Tuesday, November 22, 2016 7:42:18 PM

Post# of 346071
Treatment of HER2-postive breast cancer


November 22, 2016
By Amy Yip, BioSpace.com Contributor

The National Institute for Clinical Excellence (NICE), the UK’s drug watchdog, has finally given its backing for the National Health Service’s (NHS’s) approval of Roche (RHHBY)’s Perjeta (pertuzumab) for the treatment of human epidermal growth factor receptor 2 (HER2)-positive breast cancer.

Three years after its initial approval by both the FDA and the European Medicines Agency (EMA), the HER2-targeting monoclonal antibody is being recommended by NICE for use in combination with Genentech (RHHBY)’s Herceptin (trastuzumab) + docetaxel for the neoadjuvant treatment of HER2-postive breast cancer. Notably, this will be the first new breast cancer drug to be approved by NICE for routine NHS funding in almost a decade.

During the last ten years, the cost of Perjeta has been covered by the recently remodelled Cancer Drugs Fund (CDF). In most Western markets, the combination of Perjeta + Herceptin + docetaxel has become the new standard of care for the first-line treatment of HER2-postive breast cancer. NICE initially declined to support Perjeta’s approval in 2013 for the first-line treatment of metastatic HER2-positive breast cancer, and then declined again in May 2016 for Perjeta’s use in the neoadjuvant setting, based on a lack of proven cost-effectiveness due to the high cost of treatment and lack of data on the long-term patient benefit.

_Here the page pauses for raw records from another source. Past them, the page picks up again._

-- ===== src/Mousesync/Codec.antt =====
-- Encoding and decoding undo one another, and only encodings are accepted.
use ea_share.Base.{
  ℕ, take-append-drop, true, All-take, All-drop, uint32_at-IsU32, uint32-int32, length-take,
  length-drop, ◌≤◌, zero, suc, ◌+◌, ◌≡◌, refl, sym, ap, some, [], ◌∷◌, ◌++◌, Bytes, length, take,
  drop, arith, All, IsByte, IsU64, IsInt32, uint32, int32, put_uint32, put_uint64, uint32_at,
  uint64_at, bytes_eq, bytes_eq→eq, bytes_eq_refl, int32-uint32, uint32-IsU32,
  uint32_at-put_uint32_self, uint64_at-put_uint64_self, put_uint32-uint32_at, put_uint64-uint64_at,
  List, length-append,
}
use native.Mathlib.Nat.{zero-add, suc-add}
use ea_share.Mousesync.{packet_size, Hmac, Packet, header, encode_packet, decode_packet}

-- The values that Go's types hold.
abbrev pub IsPacket : Packet → Type 0
IsPacket p = IsU64 p.seq × IsInt32 p.x × IsInt32 p.y

-- The slices of a buffer that starts with a header.
header_slices :
    (p : Packet) (t : Bytes)
    → (take 8 (header p ++ t) ≡ put_uint64 p.seq)
      × (take 4 (drop 8 (header p ++ t)) ≡ put_uint32 (uint32 p.x))
      × (take 4 (drop 12 (header p ++ t)) ≡ put_uint32 (uint32 p.y))
      × (take 16 (header p ++ t) ≡ header p)
      × (drop 16 (header p ++ t) ≡ t)
      × (length (header p) ≡ 16)
unfolding header put_uint64 put_uint32
header_slices p t = (refl, refl, refl, refl, refl, refl)

take_two {ℓ} :
    {A : Type ℓ} (m n : ℕ) (xs : List A) → take m xs ++ take n (drop m xs) ≡ take (m + n) xs
take_two zero n xs = rw zero-add
take_two (suc m) zero [] = rw suc-add
take_two (suc m) (suc n) [] = rw suc-add
take_two (suc m) n (x ∷ xs) = rw (suc-add) (ap (λ ys. x ∷ ys) (take_two m n xs))

-- The packet that a buffer holds, whatever its tag.
abbrev packet_at : Bytes → Packet
packet_at buf = record {
  seq = uint64_at (take 8 buf);
  x = int32 (uint32_at (take 4 (drop 8 buf)));
  y = int32 (uint32_at (take 4 (drop 12 buf)));
}

four_bytes :
    (n : ℕ) (buf : Bytes)
    → All IsByte buf
    → n + 4 ≤ length buf
    → put_uint32 (uint32 (int32 (uint32_at (take 4 (drop n buf))))) ≡ take 4 (drop n buf)
four_bytes n buf h l =
    let p = take 4 (drop n buf) in
    let hp : All IsByte p = All-take IsByte 4 (drop n buf) (All-drop IsByte n buf h) in
    rw (uint32-int32 (uint32_at p) (uint32_at-IsU32 p hp))
      (put_uint32-uint32_at p hp (omega (arith, length-take 4 (drop n buf), length-drop n buf)))

header_of_buffer :
    (buf : Bytes) → All IsByte buf → length buf ≡ packet_size → header (packet_at buf) ≡ take 16 buf
unfolding header
header_of_buffer buf h l =
    rw
      (
        four_bytes 8 buf h (omega arith),
        four_bytes 12 buf h (omega arith),
        put_uint64-uint64_at (take 8 buf) (All-take IsByte 8 buf h)
            (omega (arith, length-take 8 buf)),
        take_two 8 4 buf,
      )
      (take_two 12 4 buf)

module _ (mac : Hmac) where
  pub length-encode_packet :
      (key : Bytes) (p : Packet) → length (encode_packet mac key p) ≡ packet_size
  unfolding encode_packet
  length-encode_packet key p =
      let tag = mac.sum key (header p) in
      omega (
        arith,
        length-append (header p) tag,
        mac.length-sum key (header p),
        (header_slices p tag).5,
      )

  -- A packet decodes, under the same key, to the sequence number and the position it was made from.
  pub decode_packet-encode_packet :
      (key : Bytes) (p : Packet)
      → IsPacket p
      → decode_packet mac key (encode_packet mac key p) ≡ some p
  unfolding decode_packet encode_packet
  decode_packet-encode_packet key p (hs, hx, hy) =
      let tag = mac.sum key (header p) in
      let (s8, s4x, s4y, s16, rest, len) = header_slices p tag in
      rw
        (
          s8,
          s4x,
          s4y,
          s16,
          rest,
          uint64_at-put_uint64_self p.seq hs,
          uint32_at-put_uint32_self (uint32 p.x) (uint32-IsU32 p.x),
          uint32_at-put_uint32_self (uint32 p.y) (uint32-IsU32 p.y),
          int32-uint32 p.x hx,
          int32-uint32 p.y hy,
          bytes_eq_refl tag,
        )
        (ground (arith, length-append (header p) tag, mac.length-sum key (header p)))

  decode_packet_fields :
      (key buf : Bytes) (p : Packet)
      → decode_packet mac key buf ≡ some p
      → (length buf ≡ packet_size)
        × (bytes_eq (mac.sum key (take 16 buf)) (drop 16 buf) ≡ true)
        × (p ≡ packet_at buf)
  unfolding decode_packet
  decode_packet_fields key buf p e = ground arith

  -- Every buffer of bytes that is accepted is the encoding, under this key, of the packet that it decodes to:
  -- nothing else passes the size test and the tag.
  pub decode_packet_authentic :
      (key buf : Bytes) (p : Packet)
      → All IsByte buf
      → decode_packet mac key buf ≡ some p
      → buf ≡ encode_packet mac key p
  unfolding decode_packet encode_packet
  decode_packet_authentic key buf p bytes e =
      let (l, t, f) = decode_packet_fields key buf p e in
      rw (f, header_of_buffer buf bytes l, bytes_eq→eq (mac.sum key (take 16 buf)) (drop 16 buf) t)
        (sym (take-append-drop 16 buf))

At the time, NICE issued a statement that said due to its combination with Herceptin in the first-line metastatic setting and the resulting increased duration of treatment, Perjeta, even when priced at $0, was not cost-effective enough to necessitate approval.

This refusal has since gained notoriety as an example of the drawbacks of health technology assessment and cost-effectiveness analyses in the assessment of new cancer drugs. NICE’s cost-effectiveness assessment thresholds have been criticised as being archaic and poorly adapted to the challenge of fairly and accurately assessing the benefits of modern cancer therapies.

Despite mounting controversy regarding its decision about Perjeta, NICE continued to resist the drug’s approval, stating that the uncertainties surrounding Perjeta use on long-term, real-world survival meant that the agency could not recommend it as a cost-effective use of state funds. However, with Roche’s new pledge to provide the drug to the NHS at an undisclosed discount for patients in the neoadjuvant setting and to share the long–term financial risks, the two parties have finally come to an agreement.

Perjeta’s widespread adoption has been based on the results of the Phase III CLEOPATRA study released in 2013, where treatment with the triple combination extended patient progression free survival by more than six months, compared to Herceptin + docetaxel alone (18.5 months versus 12.4 months). Overall survival data also indicated that the triple combination reduced the risk of death by 34% compared to Herceptin + docetaxel alone.